Task prompt:
In the entries that follow, which lines hold the string "Envelope"? List them.

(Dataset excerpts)
========================
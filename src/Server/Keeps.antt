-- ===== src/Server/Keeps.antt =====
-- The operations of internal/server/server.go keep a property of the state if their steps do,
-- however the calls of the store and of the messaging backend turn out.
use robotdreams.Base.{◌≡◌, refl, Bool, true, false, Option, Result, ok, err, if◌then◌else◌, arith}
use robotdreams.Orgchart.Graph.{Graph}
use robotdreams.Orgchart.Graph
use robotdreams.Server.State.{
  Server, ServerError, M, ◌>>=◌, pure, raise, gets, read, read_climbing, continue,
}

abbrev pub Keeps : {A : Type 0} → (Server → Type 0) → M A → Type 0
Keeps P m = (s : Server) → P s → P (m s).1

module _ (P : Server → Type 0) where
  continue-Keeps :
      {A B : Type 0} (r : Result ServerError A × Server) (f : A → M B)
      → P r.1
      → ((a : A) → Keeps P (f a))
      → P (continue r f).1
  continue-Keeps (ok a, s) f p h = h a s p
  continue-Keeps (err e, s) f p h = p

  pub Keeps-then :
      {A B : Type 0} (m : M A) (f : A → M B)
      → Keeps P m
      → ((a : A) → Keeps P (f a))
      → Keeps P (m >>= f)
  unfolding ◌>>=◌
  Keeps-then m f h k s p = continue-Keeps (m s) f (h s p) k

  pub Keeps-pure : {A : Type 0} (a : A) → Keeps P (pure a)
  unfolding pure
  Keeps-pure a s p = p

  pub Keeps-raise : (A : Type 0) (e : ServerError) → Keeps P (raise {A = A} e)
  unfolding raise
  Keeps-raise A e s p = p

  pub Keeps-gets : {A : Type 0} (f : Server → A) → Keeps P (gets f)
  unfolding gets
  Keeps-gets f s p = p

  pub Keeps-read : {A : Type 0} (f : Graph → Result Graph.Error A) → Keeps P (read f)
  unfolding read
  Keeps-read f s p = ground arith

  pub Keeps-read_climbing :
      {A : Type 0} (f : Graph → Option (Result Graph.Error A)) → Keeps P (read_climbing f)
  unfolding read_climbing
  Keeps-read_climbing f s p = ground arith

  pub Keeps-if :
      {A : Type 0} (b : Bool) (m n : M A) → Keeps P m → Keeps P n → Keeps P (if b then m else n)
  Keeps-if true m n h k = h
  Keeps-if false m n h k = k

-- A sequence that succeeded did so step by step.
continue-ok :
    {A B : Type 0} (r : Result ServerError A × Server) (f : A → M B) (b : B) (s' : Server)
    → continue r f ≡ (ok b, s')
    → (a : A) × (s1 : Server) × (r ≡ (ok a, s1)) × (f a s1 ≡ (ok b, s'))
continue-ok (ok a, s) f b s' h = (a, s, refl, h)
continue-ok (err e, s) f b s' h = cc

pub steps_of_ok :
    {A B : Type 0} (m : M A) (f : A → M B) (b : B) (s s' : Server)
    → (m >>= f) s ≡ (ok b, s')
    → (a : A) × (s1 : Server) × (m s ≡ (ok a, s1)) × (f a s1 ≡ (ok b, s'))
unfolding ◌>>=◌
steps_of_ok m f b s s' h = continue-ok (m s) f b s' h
========================
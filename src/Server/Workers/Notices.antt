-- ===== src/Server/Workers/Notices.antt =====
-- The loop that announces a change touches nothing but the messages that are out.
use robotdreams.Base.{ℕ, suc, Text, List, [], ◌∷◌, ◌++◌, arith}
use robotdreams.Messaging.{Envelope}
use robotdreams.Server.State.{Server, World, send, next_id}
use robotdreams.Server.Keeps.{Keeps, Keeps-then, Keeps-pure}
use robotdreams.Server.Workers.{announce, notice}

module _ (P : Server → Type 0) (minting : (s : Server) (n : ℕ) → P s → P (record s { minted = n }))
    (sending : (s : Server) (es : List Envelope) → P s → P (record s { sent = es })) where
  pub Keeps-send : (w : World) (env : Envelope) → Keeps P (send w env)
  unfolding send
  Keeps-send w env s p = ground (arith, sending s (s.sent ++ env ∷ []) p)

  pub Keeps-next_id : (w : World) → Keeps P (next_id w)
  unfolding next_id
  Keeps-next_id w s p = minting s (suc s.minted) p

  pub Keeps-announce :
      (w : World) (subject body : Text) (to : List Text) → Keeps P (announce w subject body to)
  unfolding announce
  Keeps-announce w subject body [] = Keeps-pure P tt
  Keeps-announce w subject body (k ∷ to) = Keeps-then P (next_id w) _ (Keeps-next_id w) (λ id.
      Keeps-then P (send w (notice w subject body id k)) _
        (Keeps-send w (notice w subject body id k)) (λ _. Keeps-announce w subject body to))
========================
Completed exercise:
use robotdreams.Messaging.{Envelope}
    (sending : (s : Server) (es : List Envelope) → P s → P (record s { sent = es })) where
  pub Keeps-send : (w : World) (env : Envelope) → Keeps P (send w env)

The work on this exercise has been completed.